-- ===== src/Scenarios/Recovery.antt =====
-- The second factor, the remembered devices and the reset of a password, at concrete values.
use vaultchain_fintech_dashb.Prelude.{
  ℕ, true, false, Option, none, some, [], ◌∷◌, ◌≡◌, refl, arith, ok, count_where, ◌<◌, ◌≢◌, ◌+◌,
  if◌then◌else◌, ◌&&◌, ◌==◌, ltb,
}
use vaultchain_fintech_dashb.Prelude.Text.{Text, codes}
use vaultchain_fintech_dashb.Access.Store.{AccessDb, AccessEnv, BackupCode}
use vaultchain_fintech_dashb.Access.BackupCodes.{remaining, verify, normalize}
use vaultchain_fintech_dashb.Access.Devices.{
  IssuedDevice, issue, verify_device, device_prefix, revoke_all_devices,
}
use vaultchain_fintech_dashb.Challenge.Reset
use vaultchain_fintech_dashb.Challenge.Mfa.{consume, row_id}
use vaultchain_fintech_dashb.Auth.Store.{User}
use vaultchain_fintech_dashb.Challenge.Mfa.{MfaChallenge, OpenChallenge, load_parsed}
use vaultchain_fintech_dashb.Access.Factor.Floor.{is_above, floor_of}
use vaultchain_fintech_dashb.Access.MfaLogin.{
  MfaLoginResult, verify_totp, assert_login_challenge, complete, consume_challenge,
  issue_session_for_user,
}
use vaultchain_fintech_dashb.Challenge.Reset.{ResetChallenge, backup_code}
use vaultchain_fintech_dashb.Scenarios.Requests.{access_db, access_env, client}
use vaultchain_fintech_dashb.Challenge.Token.{print_token, refresh_prefix}
use vaultchain_fintech_dashb.Scenarios.Accounts.{ada, old_id, plain, auth_db, new_id}
use vaultchain_fintech_dashb.Access.BackupCodes.Once.{verify-remaining}
use vaultchain_fintech_dashb.Access.Devices.Remember.{
  issue-verify_device, revoke_all_devices-verify_device,
}
use vaultchain_fintech_dashb.Access.Factor.{check_totp, advance_floor}
use vaultchain_fintech_dashb.Access.MfaLogin.Safety.{verify_totp_once}
use vaultchain_fintech_dashb.Auth.Session.{issue_session, store_token, build_response}
use vaultchain_fintech_dashb.Mask.{mask_email}
use vaultchain_fintech_dashb.Access.Reset.Complete.{
  reset_by_admin, verify_password, admin_reset_user, verify_user, replace_password, set_password,
  consume_reset, complete_linked, revoke_all_trust,
}
use vaultchain_fintech_dashb.Access.Reset.Trust.{
  is_allowed, reset_by_admin_lem, verify_password_resets,
}
use vaultchain_fintech_dashb.Access.Reset.Credentials.{HasPassword, IsUntrusted}
use vaultchain_fintech_dashb.Access.Reset.{is_strong, fingerprint_matches, assert_strong_password}
use vaultchain_fintech_dashb.Access.Manage.{reset_factors, load_user, clear_factors, update_user}
use vaultchain_fintech_dashb.Access.Manage.Cleared.{
  HasNoFactor, IsLoggedOut, reset_factors-HasNoFactor,
}

abbrev code_at : ℕ → BackupCode
code_at id = record { id = id; user_id = 4; code_hash = codes "ABCD1234"; used_at = none }

two_codes_keys :
    (id : ℕ) → count_where (λ (c : BackupCode). c.id == id) (code_at 1 ∷ code_at 2 ∷ []) < 2
two_codes_keys id = ground arith

verify-remaining_example :
    remaining 4 (verify plain 7 4 (codes "abcd-1234") (code_at 1 ∷ code_at 2 ∷ [])).1
      + (if (verify plain 7 4 (codes "abcd-1234") (code_at 1 ∷ code_at 2 ∷ [])).0 && 4 == 4
          then 1
          else 0)
    ≡ remaining 4 (code_at 1 ∷ code_at 2 ∷ [])
verify-remaining_example =
    verify-remaining plain 7 4 4 (codes "abcd-1234") (code_at 1 ∷ code_at 2 ∷ []) two_codes_keys

-- The code redeems the first of the two.
one_left : remaining 4 (verify plain 7 4 (codes "abcd-1234") (code_at 1 ∷ code_at 2 ∷ [])).1 ≡ 1
unfolding remaining verify normalize
one_left = refl

abbrev issued : AccessDb
issued = (issue access_env 4 client (access_db [])).1

abbrev device : IssuedDevice
device = record {
  token = print_token device_prefix new_id (codes "device");
  device_id = new_id;
  expires_at = 3605000;
}

issues : issue access_env 4 client (access_db []) ≡ (ok device, issued)
unfolding issue
issues = refl

issue-verify_device_example : verify_device plain 6000 device.token client issued.devices ≡ some 4
issue-verify_device_example =
    issue-verify_device access_env 4 6000 client (access_db []) issues refl refl refl (omega arith)

revoke_all_devices-verify_device_example :
    verify_device plain 6000 device.token client (revoke_all_devices 5500 4 issued.devices) ≢ some 4
revoke_all_devices-verify_device_example =
    revoke_all_devices-verify_device plain 5500 6000 4 device.token client issued.devices

-- Ada with a one-time password, whose last step was 57.
abbrev enrolled : User
enrolled = record ada {
  mfa_enabled = true;
  mfa_confirmed_at = some 1;
  totp_secret_enc = some (codes "seed");
  last_used_totp_step = some 57;
}

abbrev challenge_row : MfaChallenge
challenge_row = record {
  id = old_id;
  token_hash = codes "challenge";
  user_id = 4;
  purpose = 1;
  expires_at = 9000;
  attempt_count = 0;
  max_attempts = 5;
  consumed_at = none;
  created_ip_hash = none;
  ua_hash = none;
}

abbrev challenge : OpenChallenge
challenge = record { id = old_id; user_id = 4; purpose = 1; attempt_count = 0; max_attempts = 5 }

abbrev in_login : AccessDb
in_login = record (access_db []) {
  auth = record (auth_db none) { users = enrolled ∷ []; challenges = challenge_row ∷ [] };
}

-- A library that accepts the step 60 where the floor is below it.
abbrev totp_60 : Text → Text → Option ℕ → Option ℕ
totp_60 secret code none = some 60
totp_60 secret code (some floor) = if ltb floor 60 then some 60 else none

abbrev totp_env : AccessEnv
totp_env = record access_env { totp = totp_60 }

totp_60_above :
    (secret code : Text) (floor : Option ℕ) (step : ℕ)
    → totp_60 secret code floor ≡ some step
    → is_above step floor ≡ true
totp_60_above secret code none step h = refl
totp_60_above secret code (some floor) step h = ground arith

abbrev logged_in : AccessDb
logged_in = (verify_totp totp_env (λ db. db) challenge (codes "123456") true client in_login).1

abbrev session : MfaLoginResult
session = record {
  session = record {
    refresh_token = print_token refresh_prefix new_id (codes "fresh");
    access_token = codes "jwt";
    expires_in = 900;
    permissions = 1 ∷ 2 ∷ 3 ∷ [];
    user_id = 4;
    display_name = codes "Ada";
    masked_email = codes "a***@b***.test";
    mfa_enabled = true;
    last_login_at = none;
  };
  remember_device = none;
}

ada-logs_in :
    verify_totp totp_env (λ db. db) challenge (codes "123456") true client in_login
    ≡ (ok session, logged_in)
unfolding verify_totp assert_login_challenge check_totp advance_floor complete consume_challenge
    issue_session_for_user issue_session store_token build_response mask_email consume
ada-logs_in = refl

logged_in_key : count_where (row_id old_id) logged_in.auth.challenges < 2
unfolding verify_totp assert_login_challenge check_totp advance_floor complete consume_challenge
    issue_session_for_user issue_session store_token build_response mask_email consume
logged_in_key = omega arith

verify_totp_once_example :
    ((challenge.purpose == totp_env.auth.login_purpose) ≡ true)
    × ((consume 6000 old_id 5 logged_in.auth.challenges).0 ≡ false)
    × (load_parsed plain 6000 (some (old_id, codes "challenge")) logged_in.auth.challenges ≡ none)
    × ((step : ℕ) × (floor_of 4 logged_in ≡ some step)
        × (is_above step (floor_of 4 in_login) ≡ true))
verify_totp_once_example =
    verify_totp_once totp_env (λ db. db) challenge (codes "123456") true client in_login
      (codes "challenge") 6000 5 totp_60_above (omega arith) logged_in_key ada-logs_in

-- Ada in a reset whose factor is stamped.
abbrev reset_row : ResetChallenge
reset_row = record {
  id = old_id;
  token_hash = codes "reset";
  user_id = 4;
  purpose = 2;
  expires_at = 9000;
  attempt_count = 1;
  max_attempts = 5;
  consumed_at = none;
  factor_verified_at = some 4000;
  factor_method = some backup_code;
  created_ip_hash = some (codes "10.1.2.3");
  ua_hash = none;
}

abbrev in_reset : AccessDb
in_reset = record (access_db []) { reset_challenges = reset_row ∷ [] }

abbrev new_password : Text
new_password = codes "Correct-Horse-7"

abbrev reset_done : AccessDb
reset_done = (verify_password access_env (Reset.open_of reset_row) new_password client in_reset).1

ada-resets :
    verify_password access_env (Reset.open_of reset_row) new_password client in_reset
    ≡ (ok tt, reset_done)
unfolding verify_password fingerprint_matches verify_user assert_strong_password is_strong
    replace_password consume_reset set_password complete_linked Reset.consume revoke_all_trust
ada-resets = refl

verify_password_resets_example :
    (is_allowed access_env (Reset.open_of reset_row) new_password client ≡ true)
    × ((Reset.consume 5000 old_id 5 in_reset.reset_challenges).0 ≡ true)
    × HasPassword 4 new_password reset_done
    × IsUntrusted 4 (some old_id) reset_done
verify_password_resets_example =
    verify_password_resets access_env (Reset.open_of reset_row) new_password client in_reset
      ada-resets

abbrev admin_done : AccessDb
admin_done = (reset_by_admin access_env 9 4 new_password (access_db [])).1

admin-resets : reset_by_admin access_env 9 4 new_password (access_db []) ≡ (ok tt, admin_done)
unfolding reset_by_admin admin_reset_user assert_strong_password is_strong set_password
admin-resets = refl

reset_by_admin_lem_example :
    ((9 == 4) ≡ false)
    × (is_strong new_password ≡ true)
    × HasPassword 4 new_password admin_done
    × IsUntrusted 4 none admin_done
reset_by_admin_lem_example =
    reset_by_admin_lem access_env 9 4 new_password (access_db []) admin-resets

-- An administrator resets Ada's second factor.
abbrev factorless : AccessDb
factorless = (reset_factors access_env 9 4 in_login).1

admin-clears : reset_factors access_env 9 4 in_login ≡ (ok tt, factorless)
unfolding reset_factors load_user clear_factors update_user revoke_all_devices
admin-clears = refl

reset_factors-HasNoFactor_example :
    ((9 == 4) ≡ false) × HasNoFactor 4 factorless × IsLoggedOut 4 factorless
reset_factors-HasNoFactor_example = reset_factors-HasNoFactor access_env 9 4 in_login admin-clears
------------------------------------------------
▸ **Your goal**
Find "abbrev totp_env : AccessEnv" in the entries above and copy that whole line exactly, then each line after it through the line that contains "totp_60_above secret code none step h = refl".

▸ **Answer space**
abbrev totp_env : AccessEnv
totp_env = record access_env { totp = totp_60 }

totp_60_above :
    (secret code : Text) (floor : Option ℕ) (step : ℕ)
    → totp_60 secret code floor ≡ some step
    → is_above step floor ≡ true
totp_60_above secret code none step h = refl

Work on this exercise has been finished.